RECORDS FOR THE TASK Block Start
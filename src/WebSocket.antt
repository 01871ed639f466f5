-- ===== src/WebSocket.antt =====
-- chat/http/ws_session.h and ws_session.cc: the frames of a WebSocket and the messages in them.
--
-- rand() is an argument, as the four bytes of a masking key; the handshake and logging are left
-- out. A received message is its opcode and data, `none` the null pointer.
pub mod Frames
pub mod Fragments
pub mod Messages
mod Reads
pub mod Limits
pub mod Rounds
mod Runs
use cpp_linux_server.Base.{
  ℕ, zero, suc, ◌+◌, ◌-◌, ◌*◌, ◌/◌, ◌%◌, ◌^◌, List, [], ◌∷◌, ◌++◌, length, get_elem?, concat, Bool,
  true, false, not, ◌&&◌, leb, ltb, ◌==◌, if◌then◌else◌, Option, none, some, bit_xor,
}
use cpp_linux_server.ByteArray.Fixed.{to_bytes, of_bytes, byteswap}
use cpp_linux_server.Stream.{Link, read_fix_size, write_fix_size, close}

pub record Message : Type 0 where
  pub opcode : ℕ
  pub content : List ℕ

-- socket.buff_size, websocket.message.max_size (a uint32_t), and what a call of WSRecvMessage comes to that
-- writes outside of its data: the behaviour is undefined, so it is a parameter.
pub record Config : Type 0 where
  pub max_len : ℕ
  pub max_size : ℕ
  pub undefined : Link → Option Message × Link

pub record FrameHead : Type 0 where
  pub opcode : ℕ
  pub rsv3 : Bool
  pub rsv2 : Bool
  pub rsv1 : Bool
  pub fin : Bool
  pub payload : ℕ
  pub mask : Bool

abbrev pub bit : ℕ → Bool → ℕ
bit value b = if b then value else 0

-- The two bytes of the packed struct, the first field lowest.
unfoldable pub head_bytes : FrameHead → List ℕ
head_bytes h =
    (h.opcode % 16 + bit 16 h.rsv3 + bit 32 h.rsv2 + bit 64 h.rsv1 + bit 128 h.fin)
    ∷ (h.payload % 128 + bit 128 h.mask)
    ∷ []

abbrev pub bit_of : ℕ → ℕ → Bool
bit_of value b = not (b / value % 2 == 0)

unfoldable pub head_of : List ℕ → FrameHead
head_of [] = record {
  opcode = 0;
  rsv3 = false;
  rsv2 = false;
  rsv1 = false;
  fin = false;
  payload = 0;
  mask = false;
}
head_of (a ∷ []) = record {
  opcode = 0;
  rsv3 = false;
  rsv2 = false;
  rsv1 = false;
  fin = false;
  payload = 0;
  mask = false;
}
head_of (a ∷ b ∷ _) = record {
  opcode = a % 16;
  rsv3 = bit_of 16 a;
  rsv2 = bit_of 32 a;
  rsv1 = bit_of 64 a;
  fin = bit_of 128 a;
  payload = b % 128;
  mask = bit_of 128 b;
}

abbrev pub head : ℕ → Bool → ℕ → Bool → FrameHead
head opcode fin payload mask = record {
  opcode = opcode;
  rsv3 = false;
  rsv2 = false;
  rsv1 = false;
  fin = fin;
  payload = payload;
  mask = mask;
}

abbrev pub op_ping : ℕ
op_ping = 9

abbrev pub op_pong : ℕ
op_pong = 10

-- `mask[i % 4]`
abbrev pub key_at : List ℕ → ℕ → ℕ
key_at key i = elim (get_elem? key (i % 4)) [ none ↦ 0 | some k ↦ k ]

-- The xor loop over the data, from the index i on.
unfoldable pub mask_from : List ℕ → ℕ → List ℕ → List ℕ
mask_from key i [] = []
mask_from key i (b ∷ bs) = bit_xor b (key_at key i) ∷ mask_from key (suc i) bs

-- How a round of the do loop of WSRecvMessage ends: with a message, with the next round, by break, or with
-- a write outside of the data.
pub data Round : Type 0 where
  finished : Message → Link → Round
  going : ℕ → List ℕ → Link → Round
  broken : Link → Round
  overrun : Option Message × Link → Round

abbrev pub then_round : Option (List ℕ) × Link → (List ℕ → Link → Round) → Round
then_round (none, l) k = broken l
then_round (some bytes, l) k = k bytes l

-- `if(stream->readFixSize(...) <= 0) break;`
unfoldable pub with_bytes : Config → ℕ → Link → (List ℕ → Link → Round) → Round
with_bytes cfg size l k = then_round (read_fix_size cfg.max_len size l) k

-- The length by the payload field.
unfoldable pub with_length : Config → ℕ → Link → (ℕ → Link → Round) → Round
with_length cfg payload l k =
    if payload == 126
    then with_bytes cfg 2 l (λ bytes l'. k (byteswap 2 (of_bytes bytes)) l')
    else if payload == 127
    then with_bytes cfg 8 l (λ bytes l'. k (byteswap 8 (of_bytes bytes)) l')
    else k payload l

-- The masking key, where the frame has one.
unfoldable pub with_key : Config → Bool → Link → (List ℕ → Link → Round) → Round
with_key cfg true l k = with_bytes cfg 4 l k
with_key cfg false l k = k (0 ∷ 0 ∷ 0 ∷ 0 ∷ []) l

-- The first opcode that is not CONTINUE.
abbrev pub opcode_of : ℕ → ℕ → ℕ
opcode_of opcode op = if (opcode == 0) && not (op == 0) then op else opcode

-- The data behind the payload of a frame.
abbrev pub end_frame : FrameHead → ℕ → List ℕ → Link → Round
end_frame h opcode content l =
    if h.fin
    then finished (record { opcode = opcode_of opcode h.opcode; content = content }) l
    else going (opcode_of opcode h.opcode) content l

-- cur_len, an int that counts the data so far, converted to a uint64_t: from 2 ^ 31 bytes on it is negative.
unfoldable pub cur_len : List ℕ → ℕ
cur_len content =
    let n : ℕ = length content % 2 ^ 32 in if ltb n (2 ^ 31) then n else n + (2 ^ 64 - 2 ^ 32)

-- A frame of data, behind its head. Where cur_len is negative, `&data[cur_len]` is outside of the data.
unfoldable pub data_frame : Config → FrameHead → ℕ → List ℕ → Link → Round
data_frame cfg h opcode content l = with_length cfg h.payload l (λ size l₁.
    if leb cfg.max_size ((cur_len content + size) % 2 ^ 64)
    then broken l₁
    else with_key cfg h.mask l₁ (λ key l₂.
      if leb (2 ^ 31) (length content)
      then overrun (cfg.undefined l₂)
      else with_bytes cfg size l₂ (λ bytes l₃.
        end_frame h opcode (content ++ (if h.mask then mask_from key 0 bytes else bytes)) l₃)))

abbrev pub ponged : ℕ → List ℕ → Bool × Link → Round
ponged opcode content (true, l) = going opcode content l
ponged opcode content (false, l) = broken (close l)

-- WSPing and WSPong, which close the stream where they fail.
unfoldable pub ping : Config → Link → Bool × Link
ping cfg l =
    let (ok, l') = write_fix_size cfg.max_len (head_bytes (head op_ping true 0 false)) l in
    (ok, if ok then l' else close l')

unfoldable pub pong : Config → Link → Bool × Link
pong cfg l =
    let (ok, l') = write_fix_size cfg.max_len (head_bytes (head op_pong true 0 false)) l in
    (ok, if ok then l' else close l')

-- A round, behind the two bytes of the head.
unfoldable pub handle : Config → Bool → FrameHead → ℕ → List ℕ → Link → Round
handle cfg client h opcode content l =
    if h.opcode == op_ping
    then ponged opcode content (pong cfg l)
    else if h.opcode == op_pong
    then going opcode content l
    else if leb h.opcode 2
    then (if not client && not h.mask then broken l else data_frame cfg h opcode content l)
    else going opcode content l

unfoldable pub round : Config → Bool → ℕ → List ℕ → Link → Round
round cfg client opcode content l =
    with_bytes cfg 2 l (λ bytes l'. handle cfg client (head_of bytes) opcode content l')

-- What a round leads to, with `more` for the rounds behind it.
abbrev pub after : (ℕ → List ℕ → Link → Option Message × Link) → Round → Option Message × Link
after more (finished m l) = (some m, l)
after more (going opcode content l) = more opcode content l
after more (broken l) = (none, close l)
after more (overrun r) = r

-- The do loop, for as many rounds; each but the last reads two bytes at least.
unfoldable pub recv_rounds : Config → Bool → ℕ → ℕ → List ℕ → Link → Option Message × Link
recv_rounds cfg client zero opcode content l = (none, close l)
recv_rounds cfg client (suc rounds) opcode content l =
    after (recv_rounds cfg client rounds) (round cfg client opcode content l)

-- WSRecvMessage
unfoldable pub recv_message : Config → Bool → Link → Option Message × Link
recv_message cfg client l = recv_rounds cfg client (suc (length (concat l.incoming))) 0 [] l

-- The payload field of a size, and the length behind the head.
abbrev pub payload_field : ℕ → ℕ
payload_field size = if ltb size 126 then size else if ltb size 65536 then 126 else 127

abbrev pub length_bytes : ℕ → List ℕ
length_bytes size =
    if ltb size 126
    then []
    else if ltb size 65536
    then to_bytes 2 (byteswap 2 size)
    else to_bytes 8 (byteswap 8 size)

-- The next write, where those before it succeeded; none of nothing where `written` is false.
abbrev pub then_write : Config → Bool → List ℕ → Bool × Link → Bool × Link
then_write cfg true bytes (true, l) = write_fix_size cfg.max_len bytes l
then_write cfg false bytes (true, l) = (true, l)
then_write cfg needed bytes (false, l) = (false, l)

-- WSSendMessage: the size with the head, or `none` for -1; and what it leaves of the message, whose
-- data a client masks in place.
unfoldable pub send_message :
    Config → List ℕ → Message → Bool → Bool → Link → Option ℕ × Message × Link
send_message cfg key msg client fin l =
    let size : ℕ = length msg.content in
    let sent : List ℕ = if client then mask_from key 0 msg.content else msg.content in
    let h : FrameHead = head msg.opcode fin (payload_field size) client in
    let r₁ = write_fix_size cfg.max_len (head_bytes h) l in
    let r₂ = then_write cfg (not (ltb size 126)) (length_bytes size) r₁ in
    let r₃ = then_write cfg client key r₂ in
    let (ok, l') = then_write cfg true sent r₃ in
    (
      if ok then some (size + 2) else none,
      record msg { content = if r₂.0 then sent else msg.content },
      if ok then l' else close l',
    )
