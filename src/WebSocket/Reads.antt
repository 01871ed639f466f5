-- ===== src/WebSocket/Reads.antt =====
-- The reads of WSRecvMessage on any bytes: how much they give and take.
use cpp_linux_server.Base.{
  ℕ, zero, suc, ◌+◌, ◌-◌, ◌^◌, ◌≤◌, ◌<◌, ◌≡◌, ◌⊎◌, refl, ap, List, [], ◌∷◌, length, Bool, true,
  false, leb, ◌==◌, if◌then◌else◌, Option, none, some, arith, length-append, take-append-drop, inl,
  inr, min, take, drop, le-cases, concat, lt→leb, le→leb, lt→==,
}
use cpp_linux_server.Stream.Delivery.{concat-unread}
use cpp_linux_server.ByteArray.Fixed.{of_bytes, byteswap}
use cpp_linux_server.ByteArray.Fixed.RoundTrip.{byteswap-lt}
use cpp_linux_server.Stream.{
  Link, arrive, receive, prefixed, read_rounds, positive_int, read_fix_size,
}
use cpp_linux_server.WebSocket.{
  Config, Round, broken, then_round, with_bytes, with_length, with_key,
}

arrive-short : (len : ℕ) (ss : List (List ℕ)) → length (arrive len ss).0 ≤ len
arrive-short len [] = omega arith
arrive-short len (s ∷ ss) = taken len s
  where
    taken : (n : ℕ) (xs : List ℕ) → length (take n xs) ≤ n
    taken zero xs = omega arith
    taken (suc n) [] = omega arith
    taken (suc n) (x ∷ xs) = omega (arith, taken n xs)

-- A result, where there is one, has n bytes.
abbrev Sized : ℕ → Option (List ℕ) → Type 0
Sized n none = Unit {0}
Sized n (some bytes) = length bytes ≡ n

prefixed-Sized :
    (n k : ℕ) (got : List ℕ) (r : Option (List ℕ) × Link)
    → n ≡ length got + k
    → Sized k r.0
    → Sized n (prefixed got r).0
prefixed-Sized n k got (none, l) e s = tt
prefixed-Sized n k got (some more, l) e s = omega (arith, length-append {0} got more, s)

-- A read of `left` bytes gives them all or nothing.
read_rounds-Sized :
    (max_len rounds left : ℕ) (l : Link) → Sized left (read_rounds max_len rounds left l).0
unfolding read_rounds receive
read_rounds-Sized max_len zero zero l = refl
read_rounds-Sized max_len zero (suc left) l = rw (lt→== 0 (suc left) (omega arith)) tt
read_rounds-Sized max_len (suc rounds) zero l = refl
read_rounds-Sized max_len (suc rounds) (suc left) l =
    let len : ℕ = min (suc left) max_len in
    let got : List ℕ = (arrive len l.incoming).0 in
    let l' : Link = record l { incoming = (arrive len l.incoming).1 } in
    let more = read_rounds max_len rounds (suc left - length got) l' in
    let rest : Sized (suc left - length got) more.0 =
      read_rounds-Sized max_len rounds (suc left - length got) l' in
    rw (lt→== 0 (suc left) (omega arith)) (
      by_size (length got == 0) _ _ (
        prefixed-Sized (suc left) (suc left - length got) got more
          (omega (arith, arrive-short len l.incoming)) rest))
  where
    by_size :
        (b : Bool) (r : Option (List ℕ) × Link) (l' : Link)
        → Sized (suc left) r.0
        → Sized (suc left) (if b then (none, l') else r).0
    by_size true r l' s = tt
    by_size false r l' s = s

-- A result has the size, or the size is that of a negative int64_t and there are no bytes.
abbrev Fitting : ℕ → Option (List ℕ) → Type 0
Fitting size none = Unit {0}
Fitting size (some bytes) =
    ((size < 2 ^ 63) × (length bytes ≡ size)) ⊎ ((2 ^ 63 ≤ size) × (bytes ≡ []))

read_fix_size-Fitting :
    (max_len size : ℕ) (l : Link) → Fitting size (read_fix_size max_len size l).0
unfolding read_fix_size
read_fix_size-Fitting max_len size l = elim (le-cases (2 ^ 63) size) [
  | inl large ↦ rw (le→leb (2 ^ 63) size large) (huge (positive_int size) large)
  | inr small ↦ rw (lt→leb (2 ^ 63) size small) (
      usual (positive_int size) small (read_rounds max_len size size l).0
        (read_rounds-Sized max_len size size l))
]
  where
    huge : (b : Bool) → 2 ^ 63 ≤ size → Fitting size (if b then some [] else none)
    huge true h = inr (h, refl)
    huge false h = tt

    usual :
        (b : Bool)
        → size < 2 ^ 63
        → (o : Option (List ℕ)) → Sized size o
        → Fitting size (if b then o else none)
    usual true h none s = tt
    usual true h (some bytes) s = inl (h, s)
    usual false h o s = tt

-- The bytes that are still to come.
abbrev pub pending : Link → ℕ
pending l = length (concat l.incoming)

abbrev given : Option (List ℕ) → ℕ
given none = 0
given (some bytes) = length bytes

arrive-pending :
    (len : ℕ) (ss : List (List ℕ))
    → length (concat (arrive len ss).1) + length (arrive len ss).0 ≡ length (concat ss)
arrive-pending len [] = refl
arrive-pending len (s ∷ ss) = omega (
  arith,
  ap length (concat-unread (drop len s) ss),
  length-append {0} (drop len s) (concat ss),
  length-append {0} s (concat ss),
  ap length (take-append-drop len s),
  length-append {0} (take len s) (drop len s),
)

prefixed-pending :
    (n : ℕ) (got : List ℕ) (r : Option (List ℕ) × Link)
    → pending r.1 + given r.0 + length got ≤ n
    → pending (prefixed got r).1 + given (prefixed got r).0 ≤ n
prefixed-pending n got (none, l) h = omega arith
prefixed-pending n got (some more, l) h = omega (arith, length-append {0} got more)

read_rounds-pending :
    (max_len rounds left : ℕ) (l : Link)
    → pending (read_rounds max_len rounds left l).1 + given (read_rounds max_len rounds left l).0
      ≤ pending l
unfolding read_rounds receive
read_rounds-pending max_len zero zero l = omega arith
read_rounds-pending max_len zero (suc left) l = rw (lt→== 0 (suc left) (omega arith)) (omega arith)
read_rounds-pending max_len (suc rounds) zero l = omega arith
read_rounds-pending max_len (suc rounds) (suc left) l =
    let len : ℕ = min (suc left) max_len in
    let got : List ℕ = (arrive len l.incoming).0 in
    let l' : Link = record l { incoming = (arrive len l.incoming).1 } in
    let more = read_rounds max_len rounds (suc left - length got) l' in
    let rest : pending more.1 + given more.0 ≤ pending l' =
      read_rounds-pending max_len rounds (suc left - length got) l' in
    let step : pending l' + length got ≡ pending l = arrive-pending len l.incoming in
    rw (lt→== 0 (suc left) (omega arith)) (
      by_size (length got == 0) _ l' (omega (arith, step))
        (prefixed-pending (pending l) got more (omega (arith, rest, step))))
  where
    by_size :
        (b : Bool) (r : Option (List ℕ) × Link) (l' : Link)
        → pending l' ≤ pending l
        → pending r.1 + given r.0 ≤ pending l
        → pending (if b then (none, l') else r).1 + given (if b then (none, l') else r).0
          ≤ pending l
    by_size true r l' g h = omega (arith, g)
    by_size false r l' g h = h

read_fix_size-pending :
    (max_len size : ℕ) (l : Link)
    → pending (read_fix_size max_len size l).1 + given (read_fix_size max_len size l).0 ≤ pending l
unfolding read_fix_size
read_fix_size-pending max_len size l =
    positive (positive_int size)
      (if leb (2 ^ 63) size then (some [], l) else read_rounds max_len size size l)
      (by_sign (leb (2 ^ 63) size) (read_rounds max_len size size l)
        (read_rounds-pending max_len size size l))
  where
    by_sign :
        (b : Bool) (r : Option (List ℕ) × Link)
        → pending r.1 + given r.0 ≤ pending l
        → pending (if b then (some [], l) else r).1 + given (if b then (some [], l) else r).0
          ≤ pending l
    by_sign true r h = omega arith
    by_sign false r h = h

    positive :
        (b : Bool) (r : Option (List ℕ) × Link)
        → pending r.1 + given r.0 ≤ pending l
        → pending r.1 + given (if b then r.0 else none) ≤ pending l
    positive true r h = h
    positive false r h = omega (arith, h)

-- A property of every end of a read.
pub with_bytes-any :
    (P : Round → Type 0) (cfg : Config) (n : ℕ) (l : Link) (k : List ℕ → Link → Round)
    → ((l' : Link) → P (broken l'))
    → ((bytes : List ℕ) (l' : Link)
        → ((n < 2 ^ 63) × (length bytes ≡ n)) ⊎ ((2 ^ 63 ≤ n) × (bytes ≡ []))
        → pending l' + length bytes ≤ pending l
        → P (k bytes l'))
    → P (with_bytes cfg n l k)
unfolding with_bytes
with_bytes-any P cfg n l k failed got =
    split (read_fix_size cfg.max_len n l) (read_fix_size-Fitting cfg.max_len n l)
      (read_fix_size-pending cfg.max_len n l)
  where
    split :
        (r : Option (List ℕ) × Link)
        → Fitting n r.0
        → pending r.1 + given r.0 ≤ pending l
        → P (then_round r k)
    split (none, l') f h = failed l'
    split (some bytes, l') f h = got bytes l' f h

pub with_length-any :
    (P : Round → Type 0) (cfg : Config) (payload : ℕ) (l : Link) (k : ℕ → Link → Round)
    → payload < 128
    → ((l' : Link) → P (broken l'))
    → ((size : ℕ) (l' : Link) → size < 2 ^ 64 → pending l' ≤ pending l → P (k size l'))
    → P (with_length cfg payload l k)
unfolding with_length
with_length-any P cfg payload l k field failed got = by_payload (payload == 126) (payload == 127)
  where
    wide : (w : ℕ) (bytes : List ℕ) → 256 ^ w ≤ 2 ^ 64 → byteswap w (of_bytes bytes) < 2 ^ 64
    wide w bytes h = omega (arith, byteswap-lt w (of_bytes bytes))

    by_payload :
        (a b : Bool)
        → P (
            if a
            then with_bytes cfg 2 l (λ bytes l'. k (byteswap 2 (of_bytes bytes)) l')
            else if b
            then with_bytes cfg 8 l (λ bytes l'. k (byteswap 8 (of_bytes bytes)) l')
            else k payload l)
    by_payload true b =
        with_bytes-any P cfg 2 l _ failed
          (λ bytes l' f h. got _ l' (wide 2 bytes (omega arith)) (omega (arith, h)))
    by_payload false true =
        with_bytes-any P cfg 8 l _ failed
          (λ bytes l' f h. got _ l' (wide 8 bytes (omega arith)) (omega (arith, h)))
    by_payload false false = got payload l (omega arith) (omega arith)

pub with_key-any :
    (P : Round → Type 0) (cfg : Config) (masked : Bool) (l : Link) (k : List ℕ → Link → Round)
    → ((l' : Link) → P (broken l'))
    → ((key : List ℕ) (l' : Link) → pending l' ≤ pending l → P (k key l'))
    → P (with_key cfg masked l k)
unfolding with_key
with_key-any P cfg true l k failed got =
    with_bytes-any P cfg 4 l k failed (λ bytes l' f h. got bytes l' (omega (arith, h)))
with_key-any P cfg false l k failed got = got _ l (omega arith)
RECORDS FOR THE TASK Block End
- PROBLEM DETAILS -
Print the lines above from the one with "op_pong true 0 false)) l in" through the one with "unfoldable pub handle", both included, exactly as written and nothing more.

- PROBLEM SOLUTION -
    let (ok, l') = write_fix_size cfg.max_len (head_bytes (head op_pong true 0 false)) l in
    (ok, if ok then l' else close l')

-- A round, behind the two bytes of the head.
unfoldable pub handle : Config → Bool → FrameHead → ℕ → List ℕ → Link → Round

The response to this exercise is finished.